▶ TASK DIRECTIONS
What do the lines from the top of the data through the line with "-- - Live (frontend/src/app/core/live.service.ts)" say? Quote them exactly and include both ends.

** Opening EXTRACTED ENTRIES block **

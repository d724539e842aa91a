-- ===== src/Lib.antt =====
-- A verification library for ReleaseRadar, the rollout calendar: models of the Angular client under
-- frontend/src/app, of the prototype under design/project and of the mock receiver under mock-teams,
-- with theorems about them.
--
-- The parts, and the files that model them:
--
-- - Live (frontend/src/app/core/live.service.ts) is the client's connection to the server's events: a
--   state (status, socket, timers, backoff, revision), and one function for each operation, socket
--   callback and timer. An Event is one of these; `step` runs it and `run` a session of them. The
--   service tells Bus (core/refresh.bus.ts), whose ticks make the views load again. Sockets are the
--   numbers of the factory's calls, timers the moments at which they are due, in milliseconds.
-- - Calendar and Schedule (core/schedule-rules.ts): days as year, month and date, Easter, the
--   holidays of Bern, and the warnings for a day.
-- - Stage (core/stage.ts and the helpers of the same names in design/project/shell.jsx): stages,
--   delays, the dates of a cascade and the announcement policy. Delays and durations are whole hours,
--   moments are milliseconds.
-- - ListView (features/list/list-view/list-view.component.ts, and the list of
--   design/project/list-view.jsx): rows, filters, groups by day and counts.
-- - Filter (design/project/timeline.jsx): the timeline's filter and the popover that edits it.
-- - MockTeams (mock-teams/server.js): the receiver that stands for Teams in the end-to-end tests: the
--   check of a card, and the handler over the payloads received.
-- - Rollout (core/models/rollout.models.ts) has the data, Data (design/project/data.js) the prototype's.
-- - Detail (features/rollout-detail/rollout-detail.component.ts): the page of a rollout. Its state is
--   the component's signals, with the calls of the API that have no answer yet; Detail.Actions has the
--   handlers and what can happen, and an answer may come at any later moment.
-- - Auth (core/auth, app.config.ts, core/dialog.store.ts): the session, the interceptor, which stops Live
--   when the session expires, the start of the application, and the dialogs.
-- - MasterData (design/project/master-data.jsx): the editors of the master data, over what they share,
--   with the stages, the retries of a channel and the pair of a product.
-- - Timeline (features/timeline/timeline-view/timeline-view.component.ts and the geometry of
--   design/project/timeline.jsx): the columns, stages, cascades and locks that the timeline draws; the
--   browser's local time is a parameter, and Timeline/Steady has what holds where the clocks do not change.
-- - Execute (design/project/panels.jsx): the tasks' states on the panel of a rollout, and its locks.
-- - Routing (design/project/app.jsx): the hash, the navigation and the view that is shown.
-- - Create (features/create/create-lock-modal.component.ts): the form that creates or edits a lock.
-- - Tokens (design/project/docs.jsx): the API tokens of the docs view, with their form.
--   Create/Rollouts (features/create/create-rollout-modal.component.ts) is the form of a rollout.
-- - MasterView (features/master-data/master-data-view/master-data-view.component.ts): the page that
--   edits products and rollout types.
-- - LocksView (features/locks/locks-view/locks-view.component.ts and
--   features/contacts/contacts-view.component.ts): the list of locks, and the mark of the contacts.
-- - Shell (shared/layout/shell/shell.component.ts, app.routes.ts and
--   shared/a11y/focus-trap.directive.ts): the frame of the pages, the routes and the focus trap, with
--   what the browser does on Tab as a parameter.
-- - Contacts (ContactsCard of design/project/timeline.jsx): the contacts of the products.
--   Timeline/Prototype has what the prototype's timeline draws, ListView/Relative the texts of the list.
-- - MasterData/Store is what the editors promise: entries under their ids and one that is chosen.
-- - Template (renderTemplate of design/project/master-data.jsx): the variables of an announcement and
--   the escape of its text. Docs (design/project/docs.jsx): the documentation's contents; Tokens/Keys is
--   its tab of the API keys.
-- - Api (core/api/api.service.ts): the request of each operation, and of the views' calls. Detail/View
--   has what the page of a rollout shows, Timeline/Days the client's columns, Execute/Rows and
--   Execute/Dialogs what the prototype's panel and dialogs show, Timeline/Page and ListView/Prototype
--   the prototype's timeline page and its list.
-- Each part has child modules for its theorems, named for what they state, and a module Tests with
-- runs of the code. Prelude has the helpers: lists, Map, decimal texts, JSON values and integers.
--
-- Loops are structural recursion, so that no fuel is needed; `decimal` counts down from a bound that
-- is above its number. Not modelled: templates and markup, the Go backend,
-- and what the browser does (parsing JSON, the clock, sockets): its results are arguments.
mod Prelude
pub mod Bus
pub mod Live
pub mod Calendar
pub mod Schedule
pub mod Stage
pub mod ListView
pub mod Filter
pub mod MockTeams
pub mod Rollout
pub mod Data
pub mod Detail
pub mod Auth
pub mod MasterData
pub mod Timeline
pub mod Execute
pub mod Routing
pub mod Create
pub mod Tokens
pub mod MasterView
pub mod LocksView
pub mod Shell
pub mod Contacts
pub mod Template
pub mod Docs
pub mod Api
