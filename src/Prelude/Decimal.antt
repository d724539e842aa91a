-- ===== src/Prelude/Decimal.antt =====
-- `String(n)` at a natural number, and that it can be read back.
use Prim.Native.Nat.{ℕ, zero, suc, ◌+◌, ◌-◌, ◌*◌, ◌/◌, ◌%◌, ◌<◌}
use Prim.Native.Char.{code}
use Prim.Native.String.{String, ◌++◌, slice}
use mathlib.Core.Path.{◌≡◌, refl, ap, subst, ◌∙◌}
use mathlib.Core.Logic.{inl, inr}
use native.Mathlib.Omega.{arith}
use text.Mathlib.TextLemmas.{nil-append, cons-append}
use release_radar.Prelude.Tests.{ltb, if◌then◌else◌, Bool-cases}

abbrev pub digit : ℕ → String
digit n = slice "0123456789" n (n + 1)

-- The fuel is above the number.
decimal_from : ℕ → ℕ → String
decimal_from zero n = ""
decimal_from (suc f) n =
    let more = decimal_from f (n / 10) ++ digit (n % 10) in if ltb n 10 then digit n else more

unfoldable pub decimal : ℕ → String
unfolding decimal_from
decimal n = decimal_from (suc n) n

-- The number that a text of digits writes, behind `acc`.
pub value : ℕ → String → ℕ
value acc String.[] = acc
value acc (String.◌∷◌ c s) = value (acc * 10 + (code c - 48)) s

pub value-append : (acc : ℕ) (s t : String) → value acc (s ++ t) ≡ value (value acc s) t
unfolding value
value-append acc String.[] t = ap (value acc) (nil-append t)
value-append acc (String.◌∷◌ c s) t =
    ap (value acc) (cons-append c s t) ∙ value-append (acc * 10 + (code c - 48)) s t

abbrev AllBelow : (ℕ → Type 0) → ℕ → Type 0
AllBelow P zero = Unit
AllBelow P (suc n) = AllBelow P n × P n

below : (P : ℕ → Type 0) (n d : ℕ) → AllBelow P n → d < n → P d
below P zero d h lt = absurd (omega arith)
below P (suc n) d (h, p) lt = elim (Bool-cases (ltb d n)) [
  | inl small ↦ below P n d h (ground arith)
  | inr last ↦ subst P (ground arith) p
]

value-digit : (acc d : ℕ) → d < 10 → value acc (digit d) ≡ acc * 10 + d
unfolding value
value-digit acc d h =
    below (λ n. value acc (digit n) ≡ acc * 10 + n) 10 d
      ((((((((((tt, refl), refl), refl), refl), refl), refl), refl), refl), refl), refl) h

value-decimal_from : (f n : ℕ) → n < f → value 0 (decimal_from f n) ≡ n
unfolding decimal_from
value-decimal_from zero n h = absurd (omega arith)
value-decimal_from (suc f) n h = elim (Bool-cases (ltb n 10)) [
  | inl small ↦ rw small (value-digit 0 n (ground arith) ∙ omega arith)
  | inr large ↦ rw large (
      value-append 0 (decimal_from f (n / 10)) (digit (n % 10))
      ∙ ap (λ (x : ℕ). value x (digit (n % 10))) (value-decimal_from f (n / 10) (ground arith))
      ∙ value-digit (n / 10) (n % 10) (omega arith)
      ∙ omega arith)
]

pub value-decimal : (n : ℕ) → value 0 (decimal n) ≡ n
unfolding decimal
value-decimal n = value-decimal_from (suc n) n (omega arith)

pub value-zero : (s : String) → value 0 ("0" ++ s) ≡ value 0 s
unfolding value
value-zero s = value-append 0 "0" s

-- Different numbers are written differently.
pub decimal_inj : (m n : ℕ) → decimal m ≡ decimal n → m ≡ n
decimal_inj m n e = omega (arith, value-decimal m, value-decimal n, ap (value 0) e)
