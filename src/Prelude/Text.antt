-- ===== src/Prelude/Text.antt =====
-- `trim`, `split(',')` and `join` of JavaScript's texts.
use Prim.Native.Char.{code}
use Prim.Native.String
use release_radar.Prelude.{
  ℕ, Bool, true, false, ◌&&◌, ◌||◌, String, List, [], ◌∷◌, ◌==◌, ◌≡◌, refl, leb, if◌then◌else◌,
}

-- The characters that `trim` takes off, by their codes.
abbrev pub is_space : ℕ → Bool
is_space c =
    c == 32
    || (leb 9 c && leb c 13)
    || c == 160
    || c == 5760
    || (leb 8192 c && leb c 8202)
    || c == 8232
    || c == 8233
    || c == 8239
    || c == 8287
    || c == 12288
    || c == 65279

abbrev pub is_empty : String → Bool
is_empty String.[] = true
is_empty (String.◌∷◌ c s) = false

unfoldable pub trim_start : String → String
trim_start String.[] = ""
trim_start (String.◌∷◌ c s) = if is_space (code c) then trim_start s else String.◌∷◌ c s

unfoldable pub trim_end : String → String
trim_end String.[] = ""
trim_end (String.◌∷◌ c s) =
    let rest = trim_end s in if is_empty rest && is_space (code c) then "" else String.◌∷◌ c rest

unfoldable pub trim : String → String
unfolding trim_start trim_end
trim s = trim_end (trim_start s)

abbrev pub put_char : String → List String → List String
put_char c [] = c ∷ []
put_char c (s ∷ parts) = String.◌++◌ c s ∷ parts

unfoldable pub split_commas : String → List String
split_commas String.[] = "" ∷ []
split_commas (String.◌∷◌ c s) =
    let parts = split_commas s in
    if code c == 44 then "" ∷ parts else put_char (String.◌∷◌ c "") parts

infixr 60 ◌◇◌
abbrev pub ◌◇◌ : String → String → String
s ◇ t = String.◌++◌ s t

abbrev pub join : String → List String → String
join sep [] = ""
join sep (s ∷ []) = s
join sep (s ∷ t ∷ rest) = s ◇ sep ◇ join sep (t ∷ rest)

trims : trim "  a b " ≡ "a b"
unfolding trim
trims = refl

splits : split_commas "LM, SK," ≡ "LM" ∷ " SK" ∷ "" ∷ []
unfolding split_commas
splits = refl
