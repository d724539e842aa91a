-- ===== src/Rollout.antt =====
-- frontend/src/app/core/models/rollout.models.ts: the data that the client works on. A moment is its
-- number of milliseconds, a duration a number of nanoseconds.
use release_radar.Prelude.{ℕ, String, Option, List}

pub data Role : Type 0 where
  admin readonly : Role

pub record Actor : Type 0 where
  pub id : String
  pub name : String
  pub initials : String
  pub hue : ℕ
  pub role : Role

pub record Product : Type 0 where
  pub id : String
  pub name : String
  pub owner : String
  pub brokers : List String

pub record CascadeStage : Type 0 where
  pub stage : String
  pub delay_hours : ℕ

pub record RolloutType : Type 0 where
  pub id : String
  pub name : String
  pub short : String
  pub tone : String
  pub cascade_plan : List CascadeStage
  pub announce : String
  pub rules : List String
  pub tasks : List String

pub record RolloutStage : Type 0 where
  pub env : String
  pub start_at : ℕ
  pub duration_ns : ℕ
  pub status : String

-- The status of a task that is neither done nor failed is the empty text.
pub data TaskStatus : Type 0 where
  pending done failed : TaskStatus

pub record RolloutTask : Type 0 where
  pub index : ℕ
  pub description : String
  pub status : TaskStatus
  pub reason : Option String

pub record Rollout : Type 0 where
  pub id : String
  pub product : String
  pub type_id : String
  pub title : String
  pub desc_ext : String
  pub desc_int : String
  pub risks : String
  pub stages : List RolloutStage
  pub pair : Option (List String)
  pub tasks : List RolloutTask

pub data LockKind : Type 0 where
  manual holiday window : LockKind

pub record Lock : Type 0 where
  pub id : String
  pub title : String
  pub description : String
  pub contact : String
  pub start_at : ℕ
  pub end_at : ℕ
  pub products : List String
  pub kind : LockKind

pub record SessionUser : Type 0 where
  pub email : String
  pub name : String
  pub initials : String
  pub role : Role
  pub groups : List String
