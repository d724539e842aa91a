-- ===== src/Bus.antt =====
-- frontend/src/app/core/refresh.bus.ts: the counter that every view's fetches hang on.
use release_radar.Prelude.{ℕ, ◌+◌, List, [], ◌∷◌}

-- `emitted` is what a view that was there from the beginning has seen of `tick$`, newest first;
-- `startWith(0)` gives it the 0.
pub record Bus : Type 0 where
  pub n : ℕ
  pub emitted : List ℕ

abbrev pub new_bus : Bus
new_bus = record { n = 0; emitted = 0 ∷ [] }

unfoldable pub bump : Bus → Bus
bump b = record { n = b.n + 1; emitted = (b.n + 1) ∷ b.emitted }
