-- ===== src/Prelude/Dict.antt =====
-- JavaScript's `Map` from texts: an association list, in the order of the first insertions.
use Prim.Native.String.{String}
use mathlib.Core.Path.{◌≡◌, refl}
use mathlib.Core.Option.{Option, none, some}
use mathlib.Core.List.{List, [], ◌∷◌}
use native.Mathlib.Omega.{arith}
use text.Mathlib.Text.{◌==◌}
use text.Mathlib.TextEquality.{eq_iff}
use release_radar.Prelude.Tests.{if◌then◌else◌}

module _ {ℓ} {V : Type ℓ} where
  -- `map.get(key)`
  unfoldable pub lookup : String → List (String × V) → Option V
  lookup key [] = none
  lookup key (entry ∷ rest) = if entry.0 == key then some entry.1 else lookup key rest

  -- `map.set(key, value)`
  unfoldable pub insert : String → V → List (String × V) → List (String × V)
  insert key value [] = (key, value) ∷ []
  insert key value (entry ∷ rest) =
      let behind = insert key value rest in
      if entry.0 == key then (entry.0, value) ∷ rest else entry ∷ behind

  pub lookup-insert :
      (key probe : String) (value : V) (entries : List (String × V))
      → lookup probe (insert key value entries)
        ≡ (if key == probe then some value else lookup probe entries)
  unfolding lookup insert
  lookup-insert key probe value [] = refl
  lookup-insert key probe value (entry ∷ rest) = ground (
    arith,
    lookup-insert key probe value rest,
    eq_iff entry.0 key,
    eq_iff entry.0 probe,
    eq_iff key probe,
  )
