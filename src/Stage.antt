-- ===== src/Stage.antt =====
-- frontend/src/app/core/stage.ts, and the same helpers of design/project/shell.jsx with the
-- announcement policy there: stages, delays and the expansion of a cascade plan.
-- A moment is its number of milliseconds, which an ISO text writes; delays are whole hours.
pub mod Policy
pub mod Cascade
mod Tests
use text.Mathlib.Text.{◌==◌ as str_eq}
use Prim.Native.String.{slice}
use Prim.Native.String
use release_radar.Prelude.{
  ℕ, ◌+◌, ◌*◌, ◌/◌, ◌%◌, Bool, true, false, ◌||◌, String, Option, none, some, List, [], ◌∷◌, map,
  ltb, ◌==◌, if◌then◌else◌,
}
use release_radar.Prelude.Decimal.{decimal}
use release_radar.Prelude.Text.{◌◇◌, join}
use release_radar.Prelude.Dict.{lookup, insert}

pub record StageMeta : Type 0 where
  pub label : String
  pub short : String
  pub color : String
  pub soft : String
  pub border : String
  pub announce_channel : String
  pub min_advance_hours : ℕ

-- The table `STAGE`.
abbrev pub stages : List (String × StageMeta)
stages =
    (
      "non-prod",
      record {
        label = "non-prod";
        short = "NP";
        color = "#a78bfa";
        soft = "rgba(167,139,250,.15)";
        border = "rgba(167,139,250,.55)";
        announce_channel = "TMS_NP";
        min_advance_hours = 1;
      },
    )
    ∷ (
      "prod1",
      record {
        label = "prod1 · Frankfurt";
        short = "P1";
        color = "#5eead4";
        soft = "rgba(94,234,212,.12)";
        border = "rgba(94,234,212,.5)";
        announce_channel = "TMS_PROD";
        min_advance_hours = 168;
      },
    )
    ∷ (
      "prod2",
      record {
        label = "prod2 · Zeus";
        short = "P2";
        color = "#fbbf24";
        soft = "rgba(251,191,36,.12)";
        border = "rgba(251,191,36,.5)";
        announce_channel = "TMS_PROD";
        min_advance_hours = 336;
      },
    )
    ∷ []

-- `text.slice(0, 2).toUpperCase()` is a parameter: the library has no letters' cases.
module _ (initials : String → String) where
  abbrev pub fallback_stage : String → StageMeta
  fallback_stage key = record {
    label = key;
    short = initials (if str_eq key "" then "??" else key);
    color = "#94a3b8";
    soft = "rgba(148,163,184,.12)";
    border = "rgba(148,163,184,.5)";
    announce_channel = "TMS_PROD";
    min_advance_hours = 24;
  }

  unfoldable pub get_stage : String → StageMeta
  get_stage key = elim (lookup key stages) [ none ↦ fallback_stage key | some meta ↦ meta ]

unfoldable pub product_color : String → String
product_color id =
    if str_eq id "operator"
    then "#a78bfa"
    else if str_eq id "concentrator"
    then "#5eead4"
    else if str_eq id "monalesy"
    then "#fbbf24"
    else if str_eq id "microservices"
    then "#fb7185"
    else "#888"

unfoldable pub format_delay : ℕ → String
unfolding decimal
format_delay h =
    if h == 0
    then "0h"
    else if ltb h 24
    then decimal h ◇ "h"
    else if h % 24 == 0
    then decimal (h / 24) ◇ "d"
    else decimal (h / 24) ◇ "d " ◇ decimal (h % 24) ◇ "h"

abbrev pub ms_per_hour : ℕ
ms_per_hour = 3600000

abbrev pub ns_per_hour : ℕ
ns_per_hour = 3600000000000

unfoldable pub hours_to_ns : ℕ → ℕ
hours_to_ns hours = hours * ns_per_hour

-- Of a duration in whole hours.
unfoldable pub ns_to_hours : ℕ → ℕ
ns_to_hours ns = ns / ns_per_hour

pub record CascadeStage : Type 0 where
  pub stage : String
  pub delay_hours : ℕ

pub record PlannedStage : Type 0 where
  pub env : String
  pub start_at : ℕ
  pub duration_ns : ℕ
  pub status : String

abbrev pub entries : List CascadeStage → List CascadeStage
entries [] = record { stage = "non-prod"; delay_hours = 0 } ∷ []
entries (p ∷ plan) = p ∷ plan

abbrev pub place : ℕ → ℕ → CascadeStage → PlannedStage
place base duration p = record {
  env = p.stage;
  start_at = base + p.delay_hours * ms_per_hour;
  duration_ns = duration;
  status = "scheduled";
}

unfoldable pub cascade_stages : ℕ → List CascadeStage → ℕ → List PlannedStage
unfolding hours_to_ns
cascade_stages base plan duration_hours =
    map (place base (hours_to_ns duration_hours)) (entries plan)

-- The announcement policy: for each channel, in the order in which the plan meets them, the
-- longest notice that one of its stages asks for.
abbrev pub is_longer : Option ℕ → ℕ → Bool
is_longer none h = true
is_longer (some old) h = old == 0 || ltb old h

unfoldable pub note_channel : StageMeta → List (String × ℕ) → List (String × ℕ)
note_channel s seen =
    if is_longer (lookup s.announce_channel seen) s.min_advance_hours
    then insert s.announce_channel s.min_advance_hours seen
    else seen

abbrev pub note_all : List StageMeta → List (String × ℕ) → List (String × ℕ)
note_all [] seen = seen
note_all (s ∷ metas) seen = note_all metas (note_channel s seen)

unfoldable pub derive_announce_policy : (String → String) → List CascadeStage → String
unfolding format_delay note_channel get_stage
derive_announce_policy initials plan = join " • " (
    map (λ (e : String × ℕ). e.0 ◇ " ≥ " ◇ format_delay e.1)
      (note_all (map (λ (p : CascadeStage). get_stage initials p.stage) plan) []))
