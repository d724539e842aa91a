-- ===== src/Detail.antt =====
-- frontend/src/app/features/rollout-detail/rollout-detail.component.ts: the page of one rollout, which
-- shows its locks and tasks, executes tasks, and edits and deletes the rollout. The calls of the API
-- are kept until they are answered. A date is its number of milliseconds.
pub mod Actions
pub mod Locks
pub mod Tasks
pub mod Editing
pub mod View
mod Tests
use Prim.Native.String
use text.Mathlib.Text.{◌==◌ as str_eq}
use release_radar.Prelude.{
  ℕ, zero, suc, ◌+◌, ◌*◌, ◌/◌, ◌<◌, Bool, true, false, not, ◌&&◌, ◌||◌, String, Option, none, some,
  List, [], ◌∷◌, ◌++◌, map, ltb, ◌==◌, length, get_elem?, set, filter, any, includes, erase_idx,
  if◌then◌else◌,
}
use release_radar.Prelude.Text.{trim, split_commas, join, is_empty}
use release_radar.Bus.{Bus, bump}
use release_radar.Stage.{ns_per_hour, ms_per_hour}
use release_radar.Rollout.{
  Rollout, RolloutType, RolloutStage, RolloutTask, TaskStatus, pending, done, failed, Lock,
}

-- The window of a stage and that of a lock overlap. Its duration is in nanoseconds.
abbrev pub stage_end : RolloutStage → ℕ
stage_end st = st.start_at + st.duration_ns * ms_per_hour / ns_per_hour

unfoldable pub overlaps : Lock → RolloutStage → Bool
overlaps l st = ltb st.start_at l.end_at && ltb l.start_at (stage_end st)

unfoldable pub blocks : Rollout → Lock → Bool
unfolding overlaps
blocks r l =
    if not (includes l.products "all" || includes l.products r.product)
    then false
    else any (overlaps l) r.stages

unfoldable pub blocking_locks : Option Rollout → List Lock → List Lock
unfolding blocks
blocking_locks none locks = []
blocking_locks (some r) locks = filter (blocks r) locks

abbrev pub is_done : RolloutTask → Bool
is_done t = elim t.status [ pending ↦ false | done ↦ true | failed ↦ false ]

abbrev pub is_failed : RolloutTask → Bool
is_failed t = elim t.status [ pending ↦ false | done ↦ false | failed ↦ true ]

-- `Math.round((done / all) * 100)`, without the errors of floating point.
abbrev pub percent : ℕ → ℕ → ℕ
percent n zero = 0
percent n (suc m) = (200 * n + suc m) / (2 * suc m)

unfoldable pub completion : List RolloutTask → ℕ
completion tasks = percent (length (filter is_done tasks)) (length tasks)

unfoldable pub failed_count : List RolloutTask → ℕ
failed_count tasks = length (filter is_failed tasks)

pub data Call : Type 0 where
  update_task : (id : String) → (seq : ℕ) → TaskStatus → (reason : String) → Call
  update_rollout : (id : String) → Rollout → Call
  delete_rollout : (id : String) → Call

-- `calls` are the calls that have no answer yet, in their order.
pub record Detail : Type 0 where
  pub can_edit : Bool
  pub rollout : Option Rollout
  pub had_rollout : Bool
  pub busy : Bool
  pub action_error : Option String
  pub failing_index : Option ℕ
  pub reason_draft : String
  pub editing : Bool
  pub draft : Option Rollout
  pub new_task_draft : String
  pub confirming_delete : Bool
  pub calls : List Call
  pub bus : Bus
  pub left : Bool

abbrev pub new_detail : Bool → Bus → Detail
new_detail can_edit bus = record {
  can_edit = can_edit;
  rollout = none;
  had_rollout = false;
  busy = false;
  action_error = none;
  failing_index = none;
  reason_draft = "";
  editing = false;
  draft = none;
  new_task_draft = "";
  confirming_delete = false;
  calls = [];
  bus = bus;
  left = false;
}

abbrev pub is_some {ℓ} : {A : Type ℓ} → Option A → Bool
is_some none = false
is_some (some a) = true

-- The route's id changes: what is reset, and what stays.
unfoldable pub navigate : Detail → Detail
navigate s = record s { had_rollout = false; action_error = none }

-- An answer to the fetch: the rollout, a 404, or another failure, which emits nothing.
pub data Fetched : Type 0 where
  found : Rollout → Fetched
  gone : Fetched
  broken : Fetched

unfoldable pub on_fetched : Fetched → Detail → Detail
on_fetched (found r) s = record s { rollout = some r; had_rollout = true }
on_fetched gone s = record s { rollout = none }
on_fetched broken s = s

unfoldable pub deleted : Detail → Bool
deleted s = s.had_rollout && not (is_some s.rollout)

abbrev pub call : Call → Detail → Detail
call c s = record s { busy = true; action_error = none; calls = s.calls ++ c ∷ [] }

unfoldable pub patch : String → ℕ → TaskStatus → String → Detail → Detail
patch id seq status reason s = call (update_task id seq status reason) s

abbrev pub toggled : TaskStatus → TaskStatus
toggled done = pending
toggled pending = done
toggled failed = done

unfoldable pub toggle_done : String → RolloutTask → Detail → Detail
unfolding patch
toggle_done id t s = if not s.can_edit then s else patch id t.index (toggled t.status) "" s

abbrev pub reason_of : RolloutTask → String
reason_of t = elim t.reason [ none ↦ "" | some reason ↦ reason ]

unfoldable pub edit_reason : RolloutTask → Detail → Detail
edit_reason t s = record s { failing_index = some t.index; reason_draft = reason_of t }

unfoldable pub on_fail : String → RolloutTask → Detail → Detail
unfolding patch edit_reason
on_fail id t s =
    if not s.can_edit
    then s
    else if is_failed t
    then patch id t.index pending "" s
    else edit_reason t s

unfoldable pub save_failure : String → RolloutTask → Detail → Detail
unfolding patch
save_failure id t s =
    let reason = trim s.reason_draft in
    if is_empty reason then s else patch id t.index failed reason s

unfoldable pub cancel_fail : Detail → Detail
cancel_fail s = record s { failing_index = none; reason_draft = "" }

-- Edit mode.
unfoldable pub enter_edit : Detail → Detail
enter_edit s = if is_some s.rollout then record s { draft = s.rollout; editing = true } else s

unfoldable pub cancel_edit : Detail → Detail
cancel_edit s = record s { editing = false; draft = none; new_task_draft = "" }

abbrev pub patched : (Rollout → Rollout) → Option Rollout → Option Rollout
patched f none = none
patched f (some d) = some (f d)

unfoldable pub patch_draft : (Rollout → Rollout) → Detail → Detail
patch_draft f s = record s { draft = patched f s.draft }

abbrev pub names_of : Option Rollout → List String
names_of none = []
names_of (some d) = elim d.pair [ none ↦ [] | some names ↦ names ]

unfoldable pub pair_text : Detail → String
pair_text s = join ", " (names_of s.draft)

unfoldable pub parse_pair : String → List String
parse_pair v = filter (λ name. not (is_empty name)) (map trim (split_commas v))

unfoldable pub set_pair : String → Detail → Detail
unfolding patch_draft
set_pair v s = patch_draft (λ d. record d { pair = some (parse_pair v) }) s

** Closing EXTRACTED ENTRIES block **

▶ EXPECTED OUTPUT
repository d724539e842aa91a
-- ===== src/Lib.antt =====
-- A verification library for ReleaseRadar, the rollout calendar: models of the Angular client under
-- frontend/src/app, of the prototype under design/project and of the mock receiver under mock-teams,
-- with theorems about them.
--
-- The parts, and the files that model them:
--
-- - Live (frontend/src/app/core/live.service.ts) is the client's connection to the server's events: a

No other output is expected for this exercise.